(Source data)
....................

-- ===== src/Log/Admission.antt =====
-- The space that begin_op of srcs/log.c reserves, and log_write within it.
use os_project_mlfqschedulin.Base.{
  ℕ, zero, suc, ◌+◌, ◌-◌, ◌*◌, ◌<◌, ◌≤◌, ◌≡◌, refl, sym, ap, subst, ◌∙◌, ◌⊎◌, inl, inr, Bool, true,
  false, ◌||◌, Option, none, some, arith, ltb, leb, ◌==◌, if◌then◌else◌, Bool-cases, update, dec,
}
use os_project_mlfqschedulin.Log.{
  Block, Store, Log, logsize, maxopblocks, bread, clear_head, begin_op, end_op, end_commit,
  find_block, log_write,
}
use os_project_mlfqschedulin.Log.Install.{is_home, Homes}
use os_project_mlfqschedulin.Log.Crash.{IsReady}

-- The uses of the log in which no operation logs more than the 10 blocks that begin_op reserves for it,
-- with the number of blocks that the operations under way may still log.
pub data Uses : Log → ℕ → Type 0 where
  fresh :
      (start size : ℕ)
      → Uses
          (record {
            start = start;
            size = size;
            outstanding = 0;
            committing = false;
            lh = record { n = 0; block = λ i. 0 };
          })
          0
  begins :
      {l : Log} {left : ℕ} (l' : Log)
      → Uses l left
      → begin_op l ≡ some l'
      → Uses l' (left + maxopblocks)
  writes :
      {l : Log} {left : ℕ} (b : ℕ) (x : Block) (s s' : Store) (l' : Log)
      → Uses l (suc left)
      → log_write b x l s ≡ some (l', s')
      → Uses l' left
  -- An operation ends that could still log `r` blocks.
  ends :
      {l : Log} {all : ℕ} (left r : ℕ) (l' : Log) (last : Bool)
      → Uses l all
      → all ≡ left + r
      → 0 < l.outstanding
      → left ≤ (l.outstanding - 1) * maxopblocks
      → end_op l ≡ some (l', last)
      → Uses l' left
  commits :
      {l : Log} {left : ℕ}
      → Uses l left
      → l.committing ≡ true
      → Uses (end_commit (clear_head l)) left

record Admitted (l : Log) (left : ℕ) : Type 0 where
  room : l.lh.n + left ≤ logsize
  owned : left ≤ l.outstanding * maxopblocks
  few : l.outstanding ≤ 3
  quiet : l.committing ≡ true → l.outstanding ≡ 0

begin_op-Admitted :
    (l l' : Log) (left : ℕ)
    → Admitted l left
    → begin_op l ≡ some l'
    → Admitted l' (left + maxopblocks)
unfolding begin_op
begin_op-Admitted l l' left h e =
    elim (Bool-cases (l.committing || ltb logsize (l.lh.n + (l.outstanding + 1) * maxopblocks))) [
      | inl t ↦ absurd (ground arith)
      | inr t ↦ ground arith
    ]

find_block-le : (n i b : ℕ) (f : ℕ → ℕ) → (i ≤ find_block n i b f) × (find_block n i b f ≤ i + n)
unfolding find_block
find_block-le zero i b f = (omega arith, omega arith)
find_block-le (suc n) i b f = ground (arith, find_block-le n (i + 1) b f)

find_block-hit : (n i b : ℕ) (f : ℕ → ℕ) → find_block n i b f < i + n → f (find_block n i b f) ≡ b
unfolding find_block
find_block-hit zero i b f lt = absurd (omega arith)
find_block-hit (suc n) i b f lt = elim (Bool-cases (f i == b)) [
  | inl e ↦ rw e (ground arith)
  | inr e ↦
      let later : find_block n (i + 1) b f < i + 1 + n = ground arith in
      rw e (find_block-hit n (i + 1) b f later)
]

-- What a call of log_write that does not panic does: the buffer gets its contents and no other one
-- changes, the header lists the block and all that it listed before, and gains at most one.
pub record Logged (b : ℕ) (x : Block) (l l' : Log) (s s' : Store) : Type 0 where
  pub held : bread b s' ≡ x
  pub others : (c : ℕ) → (b == c) ≡ false → bread c s' ≡ bread c s
  pub disk : s'.disk ≡ s.disk
  pub logged : (j : ℕ) × (j < l'.lh.n) × (l'.lh.block j ≡ b)
  pub kept : (j : ℕ) → j < l.lh.n → l'.lh.block j ≡ l.lh.block j
  pub grows : (l.lh.n ≤ l'.lh.n) × (l'.lh.n ≤ l.lh.n + 1)
  pub same :
      (l'.start ≡ l.start)
      × (l'.size ≡ l.size)
      × (l'.outstanding ≡ l.outstanding)
      × (l'.committing ≡ l.committing)
  pub ready : is_home l b ≡ true → IsReady l s → IsReady l' s'

-- The log and the buffers behind log_write.
abbrev grown : ℕ → Log → Log
grown b l =
    let i = find_block l.lh.n 0 b l.lh.block in
    record l {
      lh = record { n = if i == l.lh.n then l.lh.n + 1 else l.lh.n; block = update l.lh.block i b };
    }

abbrev pinned : ℕ → Block → Store → Store
pinned b x s = record s { dirty = update s.dirty b (some x) }

-- The tests of log_write for its panics.
abbrev is_refused : Log → Bool
is_refused l = leb logsize l.lh.n || leb (l.size - 1) l.lh.n || ltb l.outstanding 1

log_write-run :
    (b : ℕ) (x : Block) (l : Log) (s : Store)
    → log_write b x l s ≡ (if is_refused l then none else some (grown b l, pinned b x s))
unfolding log_write
log_write-run b x l s = refl

grown-Homes :
    (b : ℕ) (l : Log) → is_home l b ≡ true → Homes l.lh.n 0 l → Homes (grown b l).lh.n 0 (grown b l)
grown-Homes b l home h j lo hi =
    let le = find_block-le l.lh.n 0 b l.lh.block in
    elim (Bool-cases (find_block l.lh.n 0 b l.lh.block == j)) [
      | inl e ↦ rw e home
      | inr e ↦ rw e (h j lo (ground arith))
    ]

grown-Logged :
    (b : ℕ) (x : Block) (l : Log) (s : Store)
    → is_refused l ≡ false
    → Logged b x l (grown b l) s (pinned b x s)
unfolding bread
grown-Logged b x l s t =
    let i = find_block l.lh.n 0 b l.lh.block in
    let le = find_block-le l.lh.n 0 b l.lh.block in
    let grows : (l.lh.n ≤ (grown b l).lh.n) × ((grown b l).lh.n ≤ l.lh.n + 1) = ground arith in
    record {
      held = let e : (b == b) ≡ true = ground arith in rw (e, bread) refl;
      others = λ c ne. rw (ne, bread) refl;
      disk = refl;
      logged = let hit : (i == i) ≡ true = ground arith in (i, ground arith, rw hit refl);
      kept = λ j lt. elim (Bool-cases (i == j)) [
        | inl e ↦
            let same : i ≡ j = ground arith in
            let old : l.lh.block i ≡ b = find_block-hit l.lh.n 0 b l.lh.block (omega arith) in
            rw e (sym old ∙ ap l.lh.block same)
        | inr e ↦ rw e refl
      ];
      grows = grows;
      same = (refl, refl, refl, refl);
      ready = λ home r. record {
        fits = ground arith;
        homes = grown-Homes b l home r.homes;
        clean = λ c out. let ne : (b == c) ≡ false = apart b c home out in rw ne (r.clean c out);
        clear = r.clear;
      };
    }
  where
    apart : (b c : ℕ) → is_home l b ≡ true → is_home l c ≡ false → (b == c) ≡ false
    apart b c h o = elim (Bool-cases (b == c)) [
      | inl e ↦
          let same : b ≡ c = ground arith in
          let bad = subst (λ y. is_home l y ≡ true) same h in absurd (ground arith)
      | inr e ↦ e
    ]

some-injective : {A : Type 0} {a b : A} → ◌≡◌ {A = Option A} (some a) (some b) → a ≡ b
some-injective e = cc

log_write-Logged :
    (b : ℕ) (x : Block) (l l' : Log) (s s' : Store)
    → log_write b x l s ≡ some (l', s')
    → Logged b x l l' s s'
log_write-Logged b x l l' s s' e = elim (Bool-cases (is_refused l)) [
  | inl t ↦
      let clash : ◌≡◌ {A = Option (Log × Store)} none (some (l', s')) =
        sym (log_write-run b x l s ∙ rw t refl) ∙ e in
      absurd (cc)
  | inr t ↦
      let eq : (grown b l, pinned b x s) ≡ (l', s') =
        some-injective (sym (log_write-run b x l s ∙ rw t refl) ∙ e) in
      subst (λ (y : Log × Store). Logged b x l y.0 s y.1) eq (grown-Logged b x l s t)
]

end_op-Admitted :
    (l l' : Log) (all left r : ℕ) (last : Bool)
    → Admitted l all
    → all ≡ left + r
    → 0 < l.outstanding
    → left ≤ (l.outstanding - 1) * maxopblocks
    → end_op l ≡ some (l', last)
    → Admitted l' left
unfolding end_op
end_op-Admitted l l' all left r last h e lt le run =
    let few = h.few in
    let room = h.room in
    let fewer : dec l.outstanding ≡ l.outstanding - 1 = omega arith in
    elim (Bool-cases l.committing) [
      | inl t ↦ absurd (ground (arith, h.quiet t))
      | inr t ↦ elim (Bool-cases (dec l.outstanding == 0)) [
        | inl z ↦
            let now : ◌≡◌ {A = Option (Log × Bool)}
                (some (record l { outstanding = dec l.outstanding; committing = true }, true))
                (some (l', last)) =
              sym (rw (t, z) refl) ∙ run in
            subst (λ (y : Log × Bool). Admitted y.0 left) (some-injective now)
              (record {
                room = omega arith;
                owned = ground arith;
                few = omega arith;
                quiet = λ q. ground arith;
              })
        | inr z ↦
            let now : ◌≡◌ {A = Option (Log × Bool)}
                (some (record l { outstanding = dec l.outstanding }, false)) (some (l', last)) =
              sym (rw (t, z) refl) ∙ run in
            subst (λ (y : Log × Bool). Admitted y.0 left) (some-injective now)
              (record {
                room = omega arith;
                owned = ground arith;
                few = omega arith;
                quiet = λ q. absurd (ground arith);
              })
      ]
    ]

end_commit-Admitted :
    (l : Log) (left : ℕ)
    → Admitted l left
    → l.committing ≡ true
    → Admitted (end_commit (clear_head l)) left
unfolding end_commit
end_commit-Admitted l left h q =
    let room = h.room in
    record { room = omega arith; owned = h.owned; few = h.few; quiet = λ t. absurd (ground arith) }

Uses-Admitted : {l : Log} {left : ℕ} → Uses l left → Admitted l left
Uses-Admitted (fresh start size) = record {
  room = omega arith;
  owned = omega arith;
  few = omega arith;
  quiet = λ q. refl;
}
Uses-Admitted (begins {l} {left} l' u e) = begin_op-Admitted l l' left (Uses-Admitted u) e
Uses-Admitted (writes {l} {left} b x s s' l' u e) =
    written l left b x s s' l' (Uses-Admitted u) (log_write-Logged b x l l' s s' e)
  where
    written :
        (l : Log) (left b : ℕ) (x : Block) (s s' : Store) (l' : Log)
        → Admitted l (suc left)
        → Logged b x l l' s s'
        → Admitted l' left
    written l left b x s s' l' h w =
        let grows = w.grows in
        let (a, z, o, c) = w.same in
        let room = h.room in
        let owned = h.owned in
        let few = h.few in
        record {
          room = omega arith;
          owned = omega arith;
          few = omega arith;
          quiet = λ q. o ∙ h.quiet (sym c ∙ q);
        }
Uses-Admitted (ends {l} {all} left r l' last u e lt le run) =
    end_op-Admitted l l' all left r last (Uses-Admitted u) e lt le run
Uses-Admitted (commits {l} {left} u q) = end_commit-Admitted l left (Uses-Admitted u) q

-- On a log of 30 blocks or more with its header, a call of log_write within what its operation may still
-- log panics only if the log has 30 blocks and 29 of them are taken, so never on a longer one. Otherwise
-- it lists the block in the header, with all that were listed before in their places and at most one
-- more; pins the buffer with its contents, changes no other buffer and nothing on disk, and keeps a
-- log that can be committed so, if the block lies outside the log.
pub log_write-Succeeds :
    (l : Log) (left b : ℕ) (x : Block) (s : Store)
    → Uses l (suc left)
    → logsize ≤ l.size
    → ((log_write b x l s ≡ none) × (l.size ≡ 30) × (l.lh.n ≡ 29))
      ⊎ ((l' : Log) × (s' : Store) × (log_write b x l s ≡ some (l', s')) × Logged b x l l' s s')
log_write-Succeeds l left b x s u le =
    let h = Uses-Admitted u in
    let room = h.room in
    let owned = h.owned in
    elim (Bool-cases (is_refused l)) [
      | inl t ↦ inl (log_write-run b x l s ∙ rw t refl, ground arith, ground arith)
      | inr t ↦
          inr (grown b l, pinned b x s, log_write-run b x l s ∙ rw t refl, grown-Logged b x l s t)
    ]

-- Within these uses end_op panics only where no operation is under way.
pub end_op-Succeeds :
    (l : Log) (left : ℕ)
    → Uses l left
    → 0 < l.outstanding
    → (l' : Log) × (end_op l ≡ some (l', l.outstanding == 1))
      × (l'.committing ≡ (l.outstanding == 1))
unfolding end_op
end_op-Succeeds l left u lt =
    let h = Uses-Admitted u in
    let few = h.few in
    let free : l.committing ≡ false = elim (Bool-cases l.committing) [
      | inl t ↦ absurd (ground (arith, h.quiet t))
      | inr t ↦ t
    ] in
    let test : (dec l.outstanding == 0) ≡ (l.outstanding == 1) = ground arith in
    elim (Bool-cases (l.outstanding == 1)) [
      | inl z ↦ (
        record l { outstanding = dec l.outstanding; committing = true },
        rw (free, test, z) refl,
        rw z refl,
      )
      | inr z ↦ (record l { outstanding = dec l.outstanding }, rw (free, test, z) refl, rw z free)
    ]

....................

ASSIGNMENT:
Every line holding the string "subst" should be copied here, so please find those lines in the data.

SOLUTION TO THE EXERCISE:
  ℕ, zero, suc, ◌+◌, ◌-◌, ◌*◌, ◌<◌, ◌≤◌, ◌≡◌, refl, sym, ap, subst, ◌∙◌, ◌⊎◌, inl, inr, Bool, true,
          let bad = subst (λ y. is_home l y ≡ true) same h in absurd (ground arith)
      subst (λ (y : Log × Store). Logged b x l y.0 s y.1) eq (grown-Logged b x l s t)
            subst (λ (y : Log × Bool). Admitted y.0 left) (some-injective now)
            subst (λ (y : Log × Bool). Admitted y.0 left) (some-injective now)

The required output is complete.